Source records:
*** Block opens ***

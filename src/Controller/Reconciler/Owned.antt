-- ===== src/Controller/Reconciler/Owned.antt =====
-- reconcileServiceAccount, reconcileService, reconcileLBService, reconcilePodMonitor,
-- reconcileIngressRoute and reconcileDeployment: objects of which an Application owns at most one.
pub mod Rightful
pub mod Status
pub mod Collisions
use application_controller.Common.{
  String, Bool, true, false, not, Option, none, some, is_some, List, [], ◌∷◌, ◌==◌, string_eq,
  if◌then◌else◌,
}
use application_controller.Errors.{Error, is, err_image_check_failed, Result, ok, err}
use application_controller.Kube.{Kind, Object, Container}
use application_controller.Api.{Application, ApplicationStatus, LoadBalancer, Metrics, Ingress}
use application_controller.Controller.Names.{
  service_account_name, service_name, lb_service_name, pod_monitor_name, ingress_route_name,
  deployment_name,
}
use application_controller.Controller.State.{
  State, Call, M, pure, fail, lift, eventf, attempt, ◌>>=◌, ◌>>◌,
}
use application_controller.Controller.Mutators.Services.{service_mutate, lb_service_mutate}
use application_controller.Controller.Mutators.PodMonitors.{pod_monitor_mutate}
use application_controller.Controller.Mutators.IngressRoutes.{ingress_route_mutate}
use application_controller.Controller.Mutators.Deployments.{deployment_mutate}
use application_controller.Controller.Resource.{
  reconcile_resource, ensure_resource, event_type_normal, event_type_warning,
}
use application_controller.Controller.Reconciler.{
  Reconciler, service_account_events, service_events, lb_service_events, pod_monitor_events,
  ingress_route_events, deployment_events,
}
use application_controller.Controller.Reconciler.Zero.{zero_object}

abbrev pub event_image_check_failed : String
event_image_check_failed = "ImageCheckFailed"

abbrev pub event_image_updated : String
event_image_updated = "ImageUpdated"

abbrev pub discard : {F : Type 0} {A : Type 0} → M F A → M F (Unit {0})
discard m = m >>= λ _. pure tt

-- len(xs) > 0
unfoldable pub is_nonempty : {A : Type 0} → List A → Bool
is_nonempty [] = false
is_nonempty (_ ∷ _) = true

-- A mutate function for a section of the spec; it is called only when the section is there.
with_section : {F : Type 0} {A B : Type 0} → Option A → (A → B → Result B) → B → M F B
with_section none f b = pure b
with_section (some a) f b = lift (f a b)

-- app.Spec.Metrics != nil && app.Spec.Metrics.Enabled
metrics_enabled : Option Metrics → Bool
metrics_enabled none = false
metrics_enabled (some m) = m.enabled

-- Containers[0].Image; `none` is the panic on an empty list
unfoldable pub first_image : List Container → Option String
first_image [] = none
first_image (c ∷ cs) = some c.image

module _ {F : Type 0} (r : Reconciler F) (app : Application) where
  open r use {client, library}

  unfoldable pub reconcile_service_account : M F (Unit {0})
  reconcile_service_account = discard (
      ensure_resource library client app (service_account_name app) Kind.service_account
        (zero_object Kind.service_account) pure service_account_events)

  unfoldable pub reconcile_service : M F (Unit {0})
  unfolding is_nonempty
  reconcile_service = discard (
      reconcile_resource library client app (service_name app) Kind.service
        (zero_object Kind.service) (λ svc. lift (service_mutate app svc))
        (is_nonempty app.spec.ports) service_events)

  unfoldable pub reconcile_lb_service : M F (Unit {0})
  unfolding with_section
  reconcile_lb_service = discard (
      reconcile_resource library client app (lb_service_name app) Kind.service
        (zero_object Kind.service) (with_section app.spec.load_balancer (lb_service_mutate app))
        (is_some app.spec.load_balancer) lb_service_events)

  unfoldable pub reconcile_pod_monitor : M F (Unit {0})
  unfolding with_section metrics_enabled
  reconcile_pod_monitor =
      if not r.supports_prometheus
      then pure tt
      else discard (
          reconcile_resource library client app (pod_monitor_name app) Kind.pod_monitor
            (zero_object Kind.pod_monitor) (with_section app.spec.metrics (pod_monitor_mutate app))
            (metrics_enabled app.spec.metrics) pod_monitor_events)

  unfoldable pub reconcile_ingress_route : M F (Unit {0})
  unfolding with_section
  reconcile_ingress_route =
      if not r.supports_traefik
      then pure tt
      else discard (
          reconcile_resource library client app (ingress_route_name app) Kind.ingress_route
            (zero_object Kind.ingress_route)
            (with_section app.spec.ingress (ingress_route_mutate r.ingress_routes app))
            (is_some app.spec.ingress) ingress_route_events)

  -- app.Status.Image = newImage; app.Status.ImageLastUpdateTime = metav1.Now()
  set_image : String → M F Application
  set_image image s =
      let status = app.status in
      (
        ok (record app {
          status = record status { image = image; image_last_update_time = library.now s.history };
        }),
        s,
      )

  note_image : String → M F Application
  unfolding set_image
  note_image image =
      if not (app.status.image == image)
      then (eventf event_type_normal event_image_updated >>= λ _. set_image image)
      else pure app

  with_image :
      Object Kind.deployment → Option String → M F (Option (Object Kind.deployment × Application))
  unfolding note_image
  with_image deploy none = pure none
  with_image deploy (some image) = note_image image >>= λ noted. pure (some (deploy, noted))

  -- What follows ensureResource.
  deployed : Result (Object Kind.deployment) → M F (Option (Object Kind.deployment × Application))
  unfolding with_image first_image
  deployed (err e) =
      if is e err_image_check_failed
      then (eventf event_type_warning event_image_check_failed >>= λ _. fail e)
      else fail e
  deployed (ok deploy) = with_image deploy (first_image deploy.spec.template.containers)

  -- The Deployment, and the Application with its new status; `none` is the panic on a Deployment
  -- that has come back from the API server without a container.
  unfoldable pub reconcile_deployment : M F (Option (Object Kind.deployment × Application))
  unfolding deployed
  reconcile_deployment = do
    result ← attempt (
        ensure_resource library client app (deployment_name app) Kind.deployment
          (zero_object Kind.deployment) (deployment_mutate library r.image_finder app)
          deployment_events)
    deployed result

*** Block closes ***
*** Block opens ***

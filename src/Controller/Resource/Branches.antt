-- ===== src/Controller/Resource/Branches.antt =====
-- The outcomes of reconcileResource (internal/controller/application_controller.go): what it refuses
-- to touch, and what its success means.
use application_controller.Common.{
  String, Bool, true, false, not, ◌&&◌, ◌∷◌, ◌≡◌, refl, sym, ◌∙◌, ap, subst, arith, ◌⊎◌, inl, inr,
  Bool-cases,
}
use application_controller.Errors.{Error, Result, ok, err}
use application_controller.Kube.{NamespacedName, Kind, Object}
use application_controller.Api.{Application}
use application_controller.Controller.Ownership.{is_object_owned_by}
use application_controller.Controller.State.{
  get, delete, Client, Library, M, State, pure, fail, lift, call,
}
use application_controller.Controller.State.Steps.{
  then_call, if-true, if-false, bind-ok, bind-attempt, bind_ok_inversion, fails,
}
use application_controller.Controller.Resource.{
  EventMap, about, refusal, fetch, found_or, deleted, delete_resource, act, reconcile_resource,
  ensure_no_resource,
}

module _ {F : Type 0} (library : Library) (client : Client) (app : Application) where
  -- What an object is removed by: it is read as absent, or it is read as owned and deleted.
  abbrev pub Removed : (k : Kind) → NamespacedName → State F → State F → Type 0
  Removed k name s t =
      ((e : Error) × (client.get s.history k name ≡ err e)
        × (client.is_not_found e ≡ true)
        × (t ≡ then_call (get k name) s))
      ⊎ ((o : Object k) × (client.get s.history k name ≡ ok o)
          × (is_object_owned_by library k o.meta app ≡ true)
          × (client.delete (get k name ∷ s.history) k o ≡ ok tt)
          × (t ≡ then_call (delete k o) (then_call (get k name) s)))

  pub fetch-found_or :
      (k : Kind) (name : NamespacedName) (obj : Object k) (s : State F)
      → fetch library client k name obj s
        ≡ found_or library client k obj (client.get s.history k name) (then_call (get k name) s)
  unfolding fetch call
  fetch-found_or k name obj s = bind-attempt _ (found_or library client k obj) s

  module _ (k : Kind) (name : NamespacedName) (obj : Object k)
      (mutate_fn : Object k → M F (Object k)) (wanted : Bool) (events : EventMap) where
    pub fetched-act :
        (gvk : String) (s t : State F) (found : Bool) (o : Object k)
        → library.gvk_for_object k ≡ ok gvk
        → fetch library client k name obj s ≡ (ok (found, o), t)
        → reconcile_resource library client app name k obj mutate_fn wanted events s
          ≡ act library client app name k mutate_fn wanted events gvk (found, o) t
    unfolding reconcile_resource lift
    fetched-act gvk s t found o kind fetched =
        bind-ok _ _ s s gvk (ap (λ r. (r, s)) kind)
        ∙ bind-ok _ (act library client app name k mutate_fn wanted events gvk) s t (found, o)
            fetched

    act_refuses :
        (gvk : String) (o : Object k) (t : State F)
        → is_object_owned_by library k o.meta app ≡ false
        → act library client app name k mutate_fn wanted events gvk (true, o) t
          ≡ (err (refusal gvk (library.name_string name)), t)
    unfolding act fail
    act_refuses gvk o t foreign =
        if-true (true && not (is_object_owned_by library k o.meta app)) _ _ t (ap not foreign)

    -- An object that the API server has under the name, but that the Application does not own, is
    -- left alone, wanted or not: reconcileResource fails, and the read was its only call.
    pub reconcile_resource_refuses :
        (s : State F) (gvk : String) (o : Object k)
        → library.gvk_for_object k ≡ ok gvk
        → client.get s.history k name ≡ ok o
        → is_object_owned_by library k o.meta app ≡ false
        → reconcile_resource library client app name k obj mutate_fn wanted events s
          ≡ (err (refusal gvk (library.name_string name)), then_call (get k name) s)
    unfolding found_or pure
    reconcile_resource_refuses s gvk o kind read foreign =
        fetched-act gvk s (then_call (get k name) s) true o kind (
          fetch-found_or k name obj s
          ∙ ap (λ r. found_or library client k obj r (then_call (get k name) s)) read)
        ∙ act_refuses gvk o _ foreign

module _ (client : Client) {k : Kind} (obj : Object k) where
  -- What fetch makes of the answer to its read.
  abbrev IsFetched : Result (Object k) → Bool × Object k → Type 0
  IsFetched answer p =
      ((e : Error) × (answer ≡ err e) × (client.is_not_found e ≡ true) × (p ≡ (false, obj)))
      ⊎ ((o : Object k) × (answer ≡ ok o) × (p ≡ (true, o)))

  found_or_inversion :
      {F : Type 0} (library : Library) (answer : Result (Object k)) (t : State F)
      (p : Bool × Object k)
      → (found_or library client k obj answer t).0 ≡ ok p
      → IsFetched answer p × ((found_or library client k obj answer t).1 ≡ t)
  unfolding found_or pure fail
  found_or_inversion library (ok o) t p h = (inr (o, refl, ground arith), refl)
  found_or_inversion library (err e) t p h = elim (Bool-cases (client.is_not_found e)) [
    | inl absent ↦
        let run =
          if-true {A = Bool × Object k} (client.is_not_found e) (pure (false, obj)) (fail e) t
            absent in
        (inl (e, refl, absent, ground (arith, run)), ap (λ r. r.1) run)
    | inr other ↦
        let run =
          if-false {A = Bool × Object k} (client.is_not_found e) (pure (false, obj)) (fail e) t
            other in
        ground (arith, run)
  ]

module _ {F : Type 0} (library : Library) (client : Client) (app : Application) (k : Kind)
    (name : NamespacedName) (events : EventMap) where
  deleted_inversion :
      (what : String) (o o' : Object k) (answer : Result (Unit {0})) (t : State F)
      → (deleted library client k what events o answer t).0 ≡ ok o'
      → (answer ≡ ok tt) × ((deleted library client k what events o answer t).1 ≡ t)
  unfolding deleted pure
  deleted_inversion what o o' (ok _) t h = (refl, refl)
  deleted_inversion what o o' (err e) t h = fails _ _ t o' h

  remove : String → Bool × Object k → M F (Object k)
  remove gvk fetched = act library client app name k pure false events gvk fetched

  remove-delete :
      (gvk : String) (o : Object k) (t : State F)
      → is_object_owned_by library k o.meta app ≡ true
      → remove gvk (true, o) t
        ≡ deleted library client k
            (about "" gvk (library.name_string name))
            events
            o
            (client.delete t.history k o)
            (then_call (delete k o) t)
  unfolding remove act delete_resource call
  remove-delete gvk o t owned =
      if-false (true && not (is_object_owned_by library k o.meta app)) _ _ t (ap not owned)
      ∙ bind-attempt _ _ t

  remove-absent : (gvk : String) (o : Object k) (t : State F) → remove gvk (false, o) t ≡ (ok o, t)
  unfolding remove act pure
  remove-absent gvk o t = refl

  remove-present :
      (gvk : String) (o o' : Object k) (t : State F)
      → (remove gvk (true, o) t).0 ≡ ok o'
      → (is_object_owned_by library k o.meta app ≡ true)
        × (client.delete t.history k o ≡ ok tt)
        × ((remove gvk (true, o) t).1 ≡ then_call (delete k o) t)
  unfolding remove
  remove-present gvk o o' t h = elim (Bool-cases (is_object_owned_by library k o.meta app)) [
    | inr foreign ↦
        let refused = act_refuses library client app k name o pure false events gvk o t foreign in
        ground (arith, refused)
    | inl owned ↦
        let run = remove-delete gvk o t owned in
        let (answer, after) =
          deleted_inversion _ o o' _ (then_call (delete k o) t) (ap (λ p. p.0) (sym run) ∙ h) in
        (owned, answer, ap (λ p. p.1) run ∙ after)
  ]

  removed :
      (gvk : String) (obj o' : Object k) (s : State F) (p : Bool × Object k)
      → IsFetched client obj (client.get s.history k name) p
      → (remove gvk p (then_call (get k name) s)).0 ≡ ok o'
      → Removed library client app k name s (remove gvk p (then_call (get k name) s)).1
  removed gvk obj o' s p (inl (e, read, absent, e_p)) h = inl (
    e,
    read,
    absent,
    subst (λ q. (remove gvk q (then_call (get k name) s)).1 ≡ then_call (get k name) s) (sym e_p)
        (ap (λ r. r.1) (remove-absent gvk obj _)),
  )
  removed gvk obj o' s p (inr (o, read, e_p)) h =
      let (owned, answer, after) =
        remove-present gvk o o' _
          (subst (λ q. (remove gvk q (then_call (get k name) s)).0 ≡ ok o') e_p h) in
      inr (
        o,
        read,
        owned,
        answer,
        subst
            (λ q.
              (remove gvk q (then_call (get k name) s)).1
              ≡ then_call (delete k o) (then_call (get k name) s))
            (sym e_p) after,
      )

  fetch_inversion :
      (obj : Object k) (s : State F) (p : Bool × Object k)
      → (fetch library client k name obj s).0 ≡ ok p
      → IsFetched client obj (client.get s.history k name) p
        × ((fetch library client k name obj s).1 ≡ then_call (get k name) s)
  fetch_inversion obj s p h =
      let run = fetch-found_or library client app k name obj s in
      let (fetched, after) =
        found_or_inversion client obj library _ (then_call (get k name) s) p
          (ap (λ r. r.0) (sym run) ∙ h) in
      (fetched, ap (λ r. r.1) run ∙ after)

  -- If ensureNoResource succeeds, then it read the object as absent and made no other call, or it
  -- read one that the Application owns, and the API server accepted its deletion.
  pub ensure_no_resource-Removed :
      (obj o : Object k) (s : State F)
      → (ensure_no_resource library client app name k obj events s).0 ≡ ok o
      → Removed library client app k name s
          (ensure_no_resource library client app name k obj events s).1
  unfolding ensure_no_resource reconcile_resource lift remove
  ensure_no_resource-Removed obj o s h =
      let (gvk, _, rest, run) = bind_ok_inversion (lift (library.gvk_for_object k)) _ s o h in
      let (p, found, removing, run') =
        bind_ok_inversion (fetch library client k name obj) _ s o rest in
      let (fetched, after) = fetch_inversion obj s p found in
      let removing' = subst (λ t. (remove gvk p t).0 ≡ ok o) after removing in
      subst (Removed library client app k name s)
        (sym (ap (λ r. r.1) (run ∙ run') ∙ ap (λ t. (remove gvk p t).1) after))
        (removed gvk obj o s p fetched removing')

*** Block closes ***

AIM OF THE TASK: Search the entries above for "Error". Show every line that has it.

SOLUTION:
use application_controller.Errors.{Error, is, err_image_check_failed, Result, ok, err}
use application_controller.Errors.{Error, Result, ok, err}
      ((e : Error) × (client.get s.history k name ≡ err e)
      ((e : Error) × (answer ≡ err e) × (client.is_not_found e ≡ true) × (p ≡ (false, obj)))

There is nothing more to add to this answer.